Aim of the task:
Below are entries. Copy exactly the lines running from the line that holds "Timed-keep test t [] h = tt" to the line that holds "(es : List AgentEvent) (e : AgentEvent) (x", with both ends included.

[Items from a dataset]
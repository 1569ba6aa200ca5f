-- ===== src/Agent/Report.antt =====
-- What `_finish` reports of a run whose log has begun and not ended.
use ai_platform_mini.Prelude.{
  ℕ, suc, ◌≤◌, ◌≡◌, refl, ap, sym, subst, ◌∙◌, Bool, true, false, Option, none, some, List, [], ◌∷◌,
  ◌++◌, length, keep, Text, arith, Bool-cases, inl, inr,
}
use ai_platform_mini.Agent.Models.{RunStatus, StopReason, EventKind, AgentEvent, AgentRunResult, ℤ}
use ai_platform_mini.Agent.Events.{
  Run, bare, last_event, stamped, append_event, include_result_event, renumber, complete_steps,
  complete_open_steps, log_answer, finish, open_steps,
}
use ai_platform_mini.Agent.Log.{
  Numbered, Timed, Opened, Log, stops, append_event-Log, stops-append, Opened-append, Timed-more,
  stamped_kind,
}

-- The outcomes that a run can have: status, reason, answer and error belong together.
abbrev pub agrees : RunStatus → StopReason → Option Text → Option Text → Bool
agrees RunStatus.completed StopReason.direct_answer (some a) none = true
agrees RunStatus.stopped StopReason.max_steps none none = true
agrees RunStatus.stopped StopReason.token_budget_exceeded none none = true
agrees RunStatus.failed StopReason.model_error none (some e) = true
agrees RunStatus.failed StopReason.invalid_decision none (some e) = true
agrees RunStatus.cancelled StopReason.external_cancelled none none = true
agrees RunStatus.timed_out StopReason.deadline_exceeded none none = true
agrees _ _ _ _ = false

-- The last event says how the run ended.
abbrev pub Closes : Option AgentEvent → AgentRunResult → Type 0
Closes none x = ⊥
Closes (some e) x =
    (e.kind ≡ EventKind.run_stopped)
    × (e.status ≡ some x.status)
    × (e.stop_reason ≡ some x.stop_reason)
    × (e.message ≡ x.error)
    × (e.cumulative_token_usage ≡ some (ℤ.pos x.token_usage))

pub record Report (x : AgentRunResult) : Type 0 where
  pub numbered : Numbered 1 x.events
  pub timed : Timed 0 x.events
  pub opened : Opened x.events
  pub one_stop : stops x.events ≡ 1
  pub closes : Closes (last_event x.events) x
  pub agreed : agrees x.status x.stop_reason x.answer x.error ≡ true

Numbered-renumber : (n : ℕ) (es : List AgentEvent) → Numbered n (renumber n es)
Numbered-renumber n [] = tt
Numbered-renumber n (e ∷ es) = (refl, Numbered-renumber (suc n) es)

Timed-renumber : (n t : ℕ) (es : List AgentEvent) → Timed t es → Timed t (renumber n es)
Timed-renumber n t [] h = tt
Timed-renumber n t (e ∷ es) h = (h.0, Timed-renumber (suc n) e.occurred_at es h.1)

Timed-earlier : (s t : ℕ) (es : List AgentEvent) → s ≤ t → Timed t es → Timed s es
Timed-earlier s t [] le h = tt
Timed-earlier s t (e ∷ es) le h = (omega arith, h.1)

Timed-keep :
    (test : AgentEvent → Bool) (t : ℕ) (es : List AgentEvent) → Timed t es → Timed t (keep test es)
Timed-keep test t [] h = tt
Timed-keep test t (e ∷ es) h = elim (Bool-cases (test e)) [
  | inl kept ↦ rw kept (h.0, Timed-keep test e.occurred_at es h.1)
  | inr dropped ↦ rw dropped (Timed-keep test t es (Timed-earlier t e.occurred_at es h.0 h.1))
]

Opened-result :
    (n : ℕ) (es : List AgentEvent) → Opened es → Opened (renumber n (keep include_result_event es))
Opened-result n [] h = h
Opened-result n (e ∷ es) h = ground (arith, h)

stops-renumber : (n : ℕ) (es : List AgentEvent) → stops (renumber n es) ≡ stops es
stops-renumber n [] = refl
stops-renumber n (e ∷ es) = omega (arith, stops-renumber (suc n) es)

stops-keep : (es : List AgentEvent) → stops (keep include_result_event es) ≡ stops es
stops-keep [] = refl
stops-keep (e ∷ es) = ground (arith, stops-keep es)

keep-append :
    (test : AgentEvent → Bool) (es fs : List AgentEvent)
    → keep test (es ++ fs) ≡ keep test es ++ keep test fs
keep-append test [] fs = refl
keep-append test (e ∷ es) fs = ground (arith, keep-append test es fs)

-- The last event of a log that ends in a kept event is that event, renumbered.
last_event-result :
    (n : ℕ) (es : List AgentEvent) (e : AgentEvent)
    → (m : ℕ) × (last_event (renumber n (es ++ e ∷ [])) ≡ some (record e { sequence = m }))
last_event-result n [] e = (n, refl)
last_event-result n (x ∷ es) e =
    let (m, h) = last_event-result (suc n) es e in (m, ground (arith, h))

one_stop : (e : AgentEvent) → e.kind ≡ EventKind.run_stopped → stops (e ∷ []) ≡ 1
one_stop e k = ground (arith, k)

Closes-stamped :
    (o : Option AgentEvent) (now m : ℕ) (e : AgentEvent) (x : AgentRunResult)
    → Closes (some e) x
    → Closes (some (record (stamped o now e) { sequence = m })) x
Closes-stamped none now m e x c = c
Closes-stamped (some p) now m e x c = c

keep_stop :
    (e : AgentEvent) → e.kind ≡ EventKind.run_stopped → keep include_result_event (e ∷ []) ≡ e ∷ []
keep_stop e k = ground (arith, k)

Closes-last :
    (es : List AgentEvent) (e : AgentEvent) (x : AgentRunResult)
    → e.kind ≡ EventKind.run_stopped
    → ((m : ℕ) → Closes (some (record e { sequence = m })) x)
    → Closes (last_event (renumber 1 (es ++ keep include_result_event (e ∷ [])))) x
Closes-last es e x k c = let (m, h) = last_event-result 1 es e in rw (keep_stop e k, h) (c m)

module _ (clock : ℕ → ℕ) where
  complete_steps-Log :
      (is : List ℕ) (r : Run) → Log r.events → Log (complete_steps clock is r).events
  unfolding complete_steps
  complete_steps-Log [] r l = l
  complete_steps-Log (i ∷ is) r l =
      let e : AgentEvent = record (bare EventKind.step_completed) { step_index = some i } in
      complete_steps-Log is (append_event clock r e) (append_event-Log clock r e l refl)

  log_answer-Log :
      (r : Run) (status : RunStatus) (answer : Option Text)
      → Log r.events
      → Log (log_answer clock r status answer).events
  unfolding log_answer
  log_answer-Log r status answer l =
      ground (
        arith,
        append_event-Log clock r (record (bare EventKind.answer) { message = answer }) l refl,
      )

  -- The log of a run that ends, and its last event.
  ended-Report :
      (r : Run) (e : AgentEvent) (now : ℕ) (x : AgentRunResult)
      → Log r.events
      → e.kind ≡ EventKind.run_stopped
      → Closes (some e) x
      → agrees x.status x.stop_reason x.answer x.error ≡ true
      → x.events
        ≡ renumber 1
            (keep include_result_event (r.events ++ stamped (last_event r.events) now e ∷ []))
      → Report x
  ended-Report r e now x l k c a same =
      let e' = stamped (last_event r.events) now e in
      let all = r.events ++ e' ∷ [] in
      record {
        numbered = rw same (Numbered-renumber 1 (keep include_result_event all));
        timed = rw same (
            Timed-renumber 1 0 (keep include_result_event all)
              (Timed-keep include_result_event 0 all (Timed-more r.events e now l)));
        opened = rw same (Opened-result 1 all (Opened-append r.events (e' ∷ []) l.opened));
        one_stop = rw same (
            omega (
              arith,
              stops-renumber 1 (keep include_result_event all),
              stops-keep all,
              stops-append r.events (e' ∷ []),
              l.running,
              one_stop e' (stamped_kind _ now e ∙ k),
            ));
        closes =
            subst (λ es. Closes (last_event es) x)
              (sym (same ∙ ap (renumber 1) (keep-append include_result_event r.events (e' ∷ []))))
              (Closes-last (keep include_result_event r.events) e' x (stamped_kind _ now e ∙ k)
                (λ m. Closes-stamped (last_event r.events) now m e x c));
        agreed = a;
      }

  pub finish-Report :
      (r : Run) (status : RunStatus) (reason : StopReason) (answer error : Option Text)
      → Log r.events
      → agrees status reason answer error ≡ true
      → Report (finish clock r status reason answer error)
  unfolding finish complete_open_steps append_event
  finish-Report r status reason answer error l a =
      let logged = log_answer clock (complete_open_steps clock r) status answer in
      let l' =
        log_answer-Log (complete_open_steps clock r) status answer
          (complete_steps-Log (open_steps r.events) r l) in
      ended-Report logged
        (record (bare EventKind.run_stopped) {
          run_id = logged.state.run_id;
          status = some status;
          stop_reason = some reason;
          message = error;
          cumulative_token_usage = some (ℤ.pos r.state.token_usage);
        })
        (clock (length logged.events)) (finish clock r status reason answer error) l' refl
        (refl, refl, refl, refl, refl) a refl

The answer:
Timed-keep test t [] h = tt
Timed-keep test t (e ∷ es) h = elim (Bool-cases (test e)) [
  | inl kept ↦ rw kept (h.0, Timed-keep test e.occurred_at es h.1)
  | inr dropped ↦ rw dropped (Timed-keep test t es (Timed-earlier t e.occurred_at es h.0 h.1))
]

Opened-result :
    (n : ℕ) (es : List AgentEvent) → Opened es → Opened (renumber n (keep include_result_event es))
Opened-result n [] h = h
Opened-result n (e ∷ es) h = ground (arith, h)

stops-renumber : (n : ℕ) (es : List AgentEvent) → stops (renumber n es) ≡ stops es
stops-renumber n [] = refl
stops-renumber n (e ∷ es) = omega (arith, stops-renumber (suc n) es)

stops-keep : (es : List AgentEvent) → stops (keep include_result_event es) ≡ stops es
stops-keep [] = refl
stops-keep (e ∷ es) = ground (arith, stops-keep es)

keep-append :
    (test : AgentEvent → Bool) (es fs : List AgentEvent)
    → keep test (es ++ fs) ≡ keep test es ++ keep test fs
keep-append test [] fs = refl
keep-append test (e ∷ es) fs = ground (arith, keep-append test es fs)

-- The last event of a log that ends in a kept event is that event, renumbered.
last_event-result :
    (n : ℕ) (es : List AgentEvent) (e : AgentEvent)
    → (m : ℕ) × (last_event (renumber n (es ++ e ∷ [])) ≡ some (record e { sequence = m }))
last_event-result n [] e = (n, refl)
last_event-result n (x ∷ es) e =
    let (m, h) = last_event-result (suc n) es e in (m, ground (arith, h))

one_stop : (e : AgentEvent) → e.kind ≡ EventKind.run_stopped → stops (e ∷ []) ≡ 1
one_stop e k = ground (arith, k)

Closes-stamped :
    (o : Option AgentEvent) (now m : ℕ) (e : AgentEvent) (x : AgentRunResult)
    → Closes (some e) x
    → Closes (some (record (stamped o now e) { sequence = m })) x
Closes-stamped none now m e x c = c
Closes-stamped (some p) now m e x c = c

keep_stop :
    (e : AgentEvent) → e.kind ≡ EventKind.run_stopped → keep include_result_event (e ∷ []) ≡ e ∷ []
keep_stop e k = ground (arith, k)

Closes-last :
    (es : List AgentEvent) (e : AgentEvent) (x : AgentRunResult)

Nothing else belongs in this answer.